I agree with Curtis, my Ipad is vey useful for many business related things during the day, and is great for web browsing, reading and entertaining the kids too.  Also,Log Me In has an app called ignition that will let you log onto your main computer and run that computer remotely so you can do anything you want to do with it.


----------



## Justturnin

razor524 said:


> I agree with Curtis, my Ipad is vey useful for many business related things during the day, and is great for web browsing, reading and entertaining the kids too.  Also,Log Me In has an app called ignition that will let you log onto your main computer and run that computer remotely so you can do anything you want to do with it.

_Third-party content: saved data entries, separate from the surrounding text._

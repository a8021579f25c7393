-- ===== src/Idempotency/Marks.antt =====
-- With the Redis storage, a key that is marked is not marked again for the ttl.
use my_go.Common.{
  ℕ, suc, ◌*◌, ◌≤◌, ◌<◌, ◌≡◌, ◌≢◌, refl, sym, subst, Time, Duration, pos, String, List, [], ◌∷◌,
  Option, none, some, Bool, true, Fallible, ok, err, add_time, eq_iff, arith, drop_if, inl, inr,
}
use my_go.Redis.{Client}
use my_go.Redis.Entries.{Entry, IsRedis, is_gone, after_set_nx, IsFailure, millisecond}
use my_go.Redis.Keeping.{Outlasts, gone_by-Outlasts, is_free-none, answered-Keeps}
use my_go.Idempotency.Redis.{
  RecordCodec, make_key, wrapped, mark_bytes, set_bytes, try_mark_processing, save_result,
  save_error,
}

-- A call of the storage that writes, by some caller of `Execute`.
pub data StorageCall : Type 0 where
  marking : Time → String → StorageCall
  saving_result : Time → String → List ℕ → StorageCall
  saving_error : Time → String → String → StorageCall

abbrev pub time_of : StorageCall → Time
time_of (marking t key) = t
time_of (saving_result t key bytes) = t
time_of (saving_error t key message) = t

-- The calls come at times that do not decrease, from one time to another.
abbrev pub Between : Time → Time → List StorageCall → Type 0
Between last now [] = last ≤ now
Between last now (c ∷ cs) = (last ≤ time_of c) × Between (time_of c) now cs

abbrev Lasts : Time → Option Entry → Type 0
Lasts until none = ⊥
Lasts until (some e) = Outlasts until e.expires_at

Lasts-later :
    (until now : Time) (o : Option Entry)
    → now < until
    → Lasts until o
    → Lasts until (drop_if (is_gone now) o)
Lasts-later until now none h p = p
Lasts-later until now (some e) h x = rw (gone_by-Outlasts until now e.expires_at h x) x

Lasts-after_set_nx :
    (until now : Time) (v : String) (ttl : Duration) (o : Option Entry)
    → Lasts until o
    → Lasts until (after_set_nx now v ttl o)
Lasts-after_set_nx until now v ttl none p = absurd p
Lasts-after_set_nx until now v ttl (some e) p = p

Between-le : (last now : Time) (cs : List StorageCall) → Between last now cs → last ≤ now
Between-le last now [] b = b
Between-le last now (c ∷ cs) (h, b) = let rest = Between-le (time_of c) now cs b in omega arith

err_not_ok : (message : String) (b : Bool) → ◌≡◌ {A = Fallible String Bool} (err message) (ok b) → ⊥
err_not_ok message b e = cc

failed_not_ok :
    (b : Bool) (x : Fallible String Bool) → IsFailure x → wrapped "redis setnx failed: " x ≢ ok b
failed_not_ok b (ok c) f e = f
failed_not_ok b (err m) f e = cc

ok_same : (b c : Bool) → ◌≡◌ {A = Fallible String Bool} (ok c) (ok b) → c ≡ b
ok_same b c e = cc

module _ {D : Type 0} (client : Client D) (codec : RecordCodec) (prefix : String)
    (ttl : Duration) where
  unfoldable pub call : StorageCall → D → D
  call (marking t key) d = (try_mark_processing client codec prefix t key ttl d).0
  call (saving_result t key bytes) d = (save_result client codec prefix t key bytes ttl d).0
  call (saving_error t key message) d = (save_error client codec prefix t key message ttl d).0

  unfoldable pub call_all : List StorageCall → D → D
  call_all [] d = d
  call_all (c ∷ cs) d = call_all cs (call c d)

module _ {D : Type 0} (client : Client D) (held : Time → String → D → Option Entry)
    (redis : IsRedis client held) (codec : RecordCodec) (prefix : String) (ms : ℕ) where
  open redis use {held_later, set_nx_law, set_law}

  abbrev ttl : Duration
  ttl = pos (suc ms * millisecond)

  Lasts-mark_bytes :
      (until t : Time) (key k : String) (x : Fallible String String) (d : D)
      → Lasts until (held t key d)
      → Lasts until (held t key (mark_bytes client codec prefix t k ttl x d).0)
  Lasts-mark_bytes until t key k (err e) d p = p
  Lasts-mark_bytes until t key k (ok bytes) d p =
      answered-Keeps held (Lasts until) _ _ t (make_key prefix k) key _ d _
        (set_nx_law t (make_key prefix k) bytes ttl (suc ms) d (omega arith) refl)
        (λ e.
          Lasts-after_set_nx until t bytes ttl (held t (make_key prefix k) d)
            (subst (λ s. Lasts until (held t s d)) (sym e) p))
        p

  Lasts-set_bytes :
      (at t : Time) (key k : String) (x : Fallible String String) (d : D)
      → at ≤ t
      → Lasts (add_time at ttl) (held t key d)
      → Lasts (add_time at ttl) (held t key (set_bytes client codec prefix t k ttl x d).0)
  Lasts-set_bytes at t key k (err e) d h p = p
  Lasts-set_bytes at t key k (ok bytes) d h p =
      answered-Keeps held (Lasts (add_time at ttl)) _ _ t (make_key prefix k) key _ d _
        (set_law t (make_key prefix k) bytes ttl (suc ms) d (omega arith) refl) (λ e. omega arith) p

  Lasts-call :
      (at : Time) (key : String) (c : StorageCall) (d : D)
      → at ≤ time_of c
      → Lasts (add_time at ttl) (held (time_of c) key d)
      → Lasts (add_time at ttl) (held (time_of c) key (call client codec prefix ttl c d))
  unfolding call try_mark_processing save_result save_error
  Lasts-call at key (marking t k) d h p = Lasts-mark_bytes (add_time at ttl) t key k _ d p
  Lasts-call at key (saving_result t k bytes) d h p = Lasts-set_bytes at t key k _ d h p
  Lasts-call at key (saving_error t k message) d h p = Lasts-set_bytes at t key k _ d h p

  Lasts-at :
      (until last now : Time) (key : String) (d : D)
      → last ≤ now
      → now < until
      → Lasts until (held last key d)
      → Lasts until (held now key d)
  Lasts-at until last now key d h u p =
      rw (held_later last now key d h) (Lasts-later until now _ u p)

  Lasts-call_all :
      (at last now : Time) (key : String) (cs : List StorageCall) (d : D)
      → at ≤ last
      → now < add_time at ttl
      → Between last now cs
      → Lasts (add_time at ttl) (held last key d)
      → Lasts (add_time at ttl) (held now key (call_all client codec prefix ttl cs d))
  unfolding call_all
  Lasts-call_all at last now key [] d h u b p = Lasts-at (add_time at ttl) last now key d b u p
  Lasts-call_all at last now key (c ∷ cs) d h u (o, b) p =
      let l = Between-le (time_of c) now cs b in
      Lasts-call_all at (time_of c) now key cs (call client codec prefix ttl c d) (omega arith) u b
        (Lasts-call at key c d (omega arith)
          (Lasts-at (add_time at ttl) last (time_of c) key d o (omega arith) p))

  -- An attempt that answers true found no entry, and left one for the ttl.
  Lasts-marked :
      (at : Time) (key : String) (x : Fallible String String) (d : D)
      → (mark_bytes client codec prefix at key ttl x d).1 ≡ ok true
      → Lasts
          (add_time at ttl)
          (held at (make_key prefix key) (mark_bytes client codec prefix at key ttl x d).0)
  Lasts-marked at key (err e) d won = absurd (err_not_ok _ true won)
  Lasts-marked at key (ok bytes) d won =
      let full = make_key prefix key in
      elim (set_nx_law at full bytes ttl (suc ms) d (omega arith) refl) [
        | inr (f, x) ↦ absurd (failed_not_ok true _ f won)
        | inl (x, c) ↦
            let e = is_free-none (held at full d) (ok_same true _ (rw x at won)) in
            rw (c full, (eq_iff full full).1 refl, e) (omega arith)
      ]

  -- Where an entry lasts, nobody marks.
  Lasts-refused :
      (until now : Time) (key : String) (x : Fallible String String) (d : D)
      → Lasts until (held now (make_key prefix key) d)
      → (mark_bytes client codec prefix now key ttl x d).1 ≢ ok true
  Lasts-refused until now key (err e) d p won = err_not_ok _ true won
  Lasts-refused until now key (ok bytes) d p won =
      let full = make_key prefix key in
      elim (set_nx_law now full bytes ttl (suc ms) d (omega arith) refl) [
        | inr (f, x) ↦ failed_not_ok true _ f won
        | inl (x, c) ↦
            subst (Lasts until) (is_free-none (held now full d) (ok_same true _ (rw x at won))) p
      ]

  -- The client is Redis, as it is documented, and the ttl is a positive number of whole milliseconds.
  -- `TryMarkProcessing` of the Redis storage answers true for a key at some time, so a function begins to
  -- run. Whatever calls that write come after that to the storage, from any callers and for any keys, in
  -- order and with the same ttl, whichever of them fail, and whether a failed one had its effect or not,
  -- it answers true for that key at no time before the ttl has passed.
  pub try_mark_processing-once :
      (key : String) (at now : Time) (cs : List StorageCall) (d : D)
      → (try_mark_processing client codec prefix at key ttl d).1 ≡ ok true
      → Between at now cs
      → now < add_time at ttl
      → let d' = call_all client codec prefix ttl (marking at key ∷ cs) d in
        (try_mark_processing client codec prefix now key ttl d').1 ≢ ok true
  unfolding try_mark_processing call_all call
  try_mark_processing-once key at now cs d won b u =
      let d1 = call client codec prefix ttl (marking at key) d in
      Lasts-refused (add_time at ttl) now key _ _ (
        Lasts-call_all at at now (make_key prefix key) cs d1 (omega arith) u b
          (Lasts-marked at key _ d won))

I cant vouch for the ipad but we use our tablet several times a day and our pc less and less


----------



## Canadian_Kid

I have a playbook and even thou it lacks the great apple app store it does a nice job and has flash for internet use. RIM have said that their next software update (due in feb) will allow the playbook to access the android app store. Th price as it sits now cant be beat. 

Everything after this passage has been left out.